Further, the entropy of the flat multinomial distribution is less than the entropy of $n$ samples from the flat categorical distribution with $d$ bins: The categorical includes order information as well as frequency information, while the multinomial only includes frequency information.

We thus have the following bound on the expected value of $-\ln p(c)$:

$$ E \left[\, -\ln p(c)\, \right] \ \leq\ n \cdot H\left( \frac{1}{d}, \frac{1}{d}, \ldots, \frac{1}{d} \right) \ =\ n\ln d, $$

or in other words, $-n\ln d \leq E[\ln p(c)]$.

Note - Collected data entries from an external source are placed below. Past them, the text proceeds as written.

-- ===== src/Daemon/Wakeup/Lost.antt =====
-- A request against the sleep of a wait.
use cpe_acs_connector_tr.Base.{true, false, ◌≡◌, ◌⊎◌, inl, inr, refl, arith}
use cpe_acs_connector_tr.Platform.{Platform}
use cpe_acs_connector_tr.Daemon.{
  Daemon, Flags, wakes, is_timed, request_stop, request_reload, request_reconnect,
  request_inform_now, trigger_connection_request,
}
use cpe_acs_connector_tr.Daemon.Wakeup.{
  testing, blocking, asleep, System, Step, Request, stop, connection_request, reload, reconnect,
  inform_now, with_flags, test_true, test_false, block, spurious, timeout, serve, wait_again,
  request, notify, Reach, later,
}

Request-wakes : {f : Flags → Flags} → Request f → (flags : Flags) → wakes (f flags) ≡ true
unfolding wakes request_stop request_reload request_reconnect request_inform_now
    trigger_connection_request
Request-wakes stop flags = refl
Request-wakes connection_request flags = ground arith
Request-wakes reload flags = ground arith
Request-wakes reconnect flags = ground arith
Request-wakes inform_now flags = ground arith

module _ {S : Type 0} (p : Platform S) where
  -- All that can happen is that the sleep ends for no reason, or that another request is made.
  abbrev pub IsLost : System S → Type 0
  IsLost t =
      (t.phase ≡ asleep)
      × (wakes t.daemon.flags ≡ true)
      × (t.notifications ≡ 0)
      × ((u : System S)
          → Step p t u
          → (u ≡ record t { phase = testing })
            ⊎ ((f : Flags → Flags) × Request f
                × (u ≡ record t { daemon = with_flags f t.daemon; notifications = 1 })))

  sleeps_on :
      (t : System S)
      → t.phase ≡ asleep
      → t.notifications ≡ 0
      → is_timed t.daemon.config ≡ false
      → (u : System S) → Step p t u
      → (u ≡ record t { phase = testing })
        ⊎ ((f : Flags → Flags) × Request f
            × (u ≡ record t { daemon = with_flags f t.daemon; notifications = 1 }))
  sleeps_on t at quiet untimed u (test_true k w) = cc
  sleeps_on t at quiet untimed u (test_false k w) = cc
  sleeps_on t at quiet untimed u (block k) = cc
  sleeps_on t at quiet untimed u (spurious k) = inl refl
  sleeps_on t at quiet untimed u (timeout k timed) = cc
  sleeps_on t at quiet untimed u (serve r d k served) = cc
  sleeps_on t at quiet untimed u (wait_again r d k) = cc
  sleeps_on t at quiet untimed u (request {f} r) = inr (f, r, rw quiet refl)
  sleeps_on t at quiet untimed u (notify n more) = absurd (omega arith)

  -- Any request can be slept through. Where the daemon's thread has tested the predicate and not
  -- yet gone to sleep, no notification is under way and no period is set, a thread can make this
  -- very request, whichever it is, and notify, and then the daemon goes to sleep: the request is
  -- there, and nothing but another request or a sleep that ends for no reason can happen.
  pub request-IsLost :
      (d : Daemon S) (s : System S) {f : Flags → Flags}
      → Reach p d s
      → s.phase ≡ blocking
      → s.notifications ≡ 0
      → is_timed s.daemon.config ≡ false
      → Request f
      → (u v t : System S) × (u ≡ record s { daemon = with_flags f s.daemon; notifications = 1 })
        × Step p s u
        × Step p u v
        × (v.notifications ≡ 0)
        × Step p v t
        × (t.daemon ≡ with_flags f s.daemon)
        × Reach p d t
        × IsLost t
  request-IsLost d s {f} reached at quiet untimed r =
      let asks = request r in
      let notifies = notify 0 (rw quiet refl) in
      let blocks = block (rw at refl) in
      let sleeping = later (later (later reached asks) notifies) blocks in
      (
        _,
        _,
        _,
        rw quiet refl,
        asks,
        notifies,
        refl,
        blocks,
        refl,
        sleeping,
        (refl, Request-wakes r s.daemon.flags, refl, sleeps_on _ refl refl untimed),
      )
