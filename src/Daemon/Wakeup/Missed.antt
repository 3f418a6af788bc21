-- ===== src/Daemon/Wakeup/Missed.antt =====
-- The invariant of a sleep, over the steps of all threads.
use cpe_acs_connector_tr.Base.{◌<◌, Bool, true, false, ◌≡◌, ◌⊎◌, inl, inr, refl, arith}
use cpe_acs_connector_tr.Platform.{Platform}
use cpe_acs_connector_tr.Daemon.{Daemon, wakes}
use cpe_acs_connector_tr.Daemon.Wakeup.{
  Phase, woken, misses, testing, blocking, asleep, checking, returned, System, Step, test_true,
  test_false, block, spurious, timeout, serve, wait_again, request, notify, Reach, start, later,
}

-- Behind a test that failed, up to the end of the sleep.
abbrev committed : Phase → Bool
committed blocking = true
committed asleep = true
committed _ = false

-- A request that came behind the test is going to be notified, or the notification was missed.
abbrev IsCovered : {S : Type 0} → System S → Type 0
IsCovered s =
    committed s.phase ≡ true
    → wakes s.daemon.flags ≡ true
    → (0 < s.notifications) ⊎ (s.missed ≡ true)

Step-IsCovered :
    {S : Type 0} (p : Platform S) {s t : System S} → Step p s t → IsCovered s → IsCovered t
Step-IsCovered p (test_true at w) h c k = cc
Step-IsCovered p (test_false at w) h c k = cc
Step-IsCovered p (block at) h c k = h (rw at refl) k
Step-IsCovered p (spurious at) h c k = cc
Step-IsCovered p (timeout at timed) h c k = cc
Step-IsCovered p (serve r d at served) h c k = cc
Step-IsCovered p (wait_again r d at) h c k = cc
Step-IsCovered p (request r) h c k = inl (omega arith)
Step-IsCovered p {s} (notify n more) h c k = go s.phase refl c
  where
    go :
        (phase : Phase)
        → s.phase ≡ phase
        → committed (woken phase) ≡ true
        → (0 < n) ⊎ (misses phase s.missed ≡ true)
    go testing e c = cc
    go blocking e c = inr refl
    go asleep e c = cc
    go checking e c = cc
    go (returned r) e c = cc

Reach-IsCovered :
    {S : Type 0} (p : Platform S) (d : Daemon S) {s : System S} → Reach p d s → IsCovered s
Reach-IsCovered p d start = λ c k. cc
Reach-IsCovered p d (later r st) = Step-IsCovered p st (Reach-IsCovered p d r)

-- If the daemon sleeps though a request is there, and every thread that made one has notified,
-- then some thread notified between the test of the predicate and the sleep: there is no other
-- way to sleep through a request.
pub asleep_missed :
    {S : Type 0} (p : Platform S) (d : Daemon S) (s : System S)
    → Reach p d s
    → s.phase ≡ asleep
    → wakes s.daemon.flags ≡ true
    → s.notifications ≡ 0
    → s.missed ≡ true
asleep_missed p d s r at k none_left = elim (Reach-IsCovered p d r (rw at refl) k) [
  | inl more ↦ absurd (omega arith)
  | inr missed ↦ missed
]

Further, the minimum and maximum values of the random variable $\ln p(c)$ are

$$ a \; =\; \min_c \ln p(c) \; =\; \ln \frac{n!}{n!\, 0!\, 0!\, \cdots\, 0!} d^{-n} \; =\; -n\ln d; $$

$$ b \; =\; \max_c \ln p(c) \; =\; \ln \frac{n!}{(n/d)!\, (n/d)!\, \cdots\, (n/d)!} d^{-n} \; =\; \ln ( n! ) - d\ln ( (n/d)! ) - n\ln d. $$

The squared distance between these two extremes is consequently

$$ (a - b)^2 \ =\ \left( \ln ( n! ) - d\ln ( (n/d)! ) \right)^2. $$

We can now make the following comparisons:

\begin{eqnarray} \Pr\left\{ \frac{n!}{c_1!c_2!\cdots c_d!} < B \right\} & = & \Pr\left\{ \ln p(c) \,+\, n\ln d < \ln B \right\} \\ & \leq & \Pr\left\{ \ln p(c) \,-\, E[\ln p(c)] < \ln B \right\} \\ & = & 1 \,-\, \Pr\left\{ \ln p(c) \,-\, E[\ln p(c)] \geq \ln B \right\} \\ & \leq & 1 \,-\, \exp \left( -2 \left( \frac{\ln B}{\ln ( n! ) - d\ln ( (n/d)! )} \right)^2 \right). \end{eqnarray}

The first inequality follows from the fact that a proposition always has a lower probability than its logical consequences; the second is the application of Heoffding's inequality.

We thus have

$$ \Pr\left\{ \frac{n!}{c_1!c_2!\cdots c_d!} < B \right\} \ \leq \ 1\;-\;\exp \left( -2 \left( \frac{\ln B}{\ln ( n! ) - d\ln ( (n/d)! )} \right)^2 \right). $$

By multiplying by $d^n$, we obtain the inequality stated above, since the probability of a sample from a flat multinomial distribution is equal to the corresponding multinomial coefficient divided by $d^n$.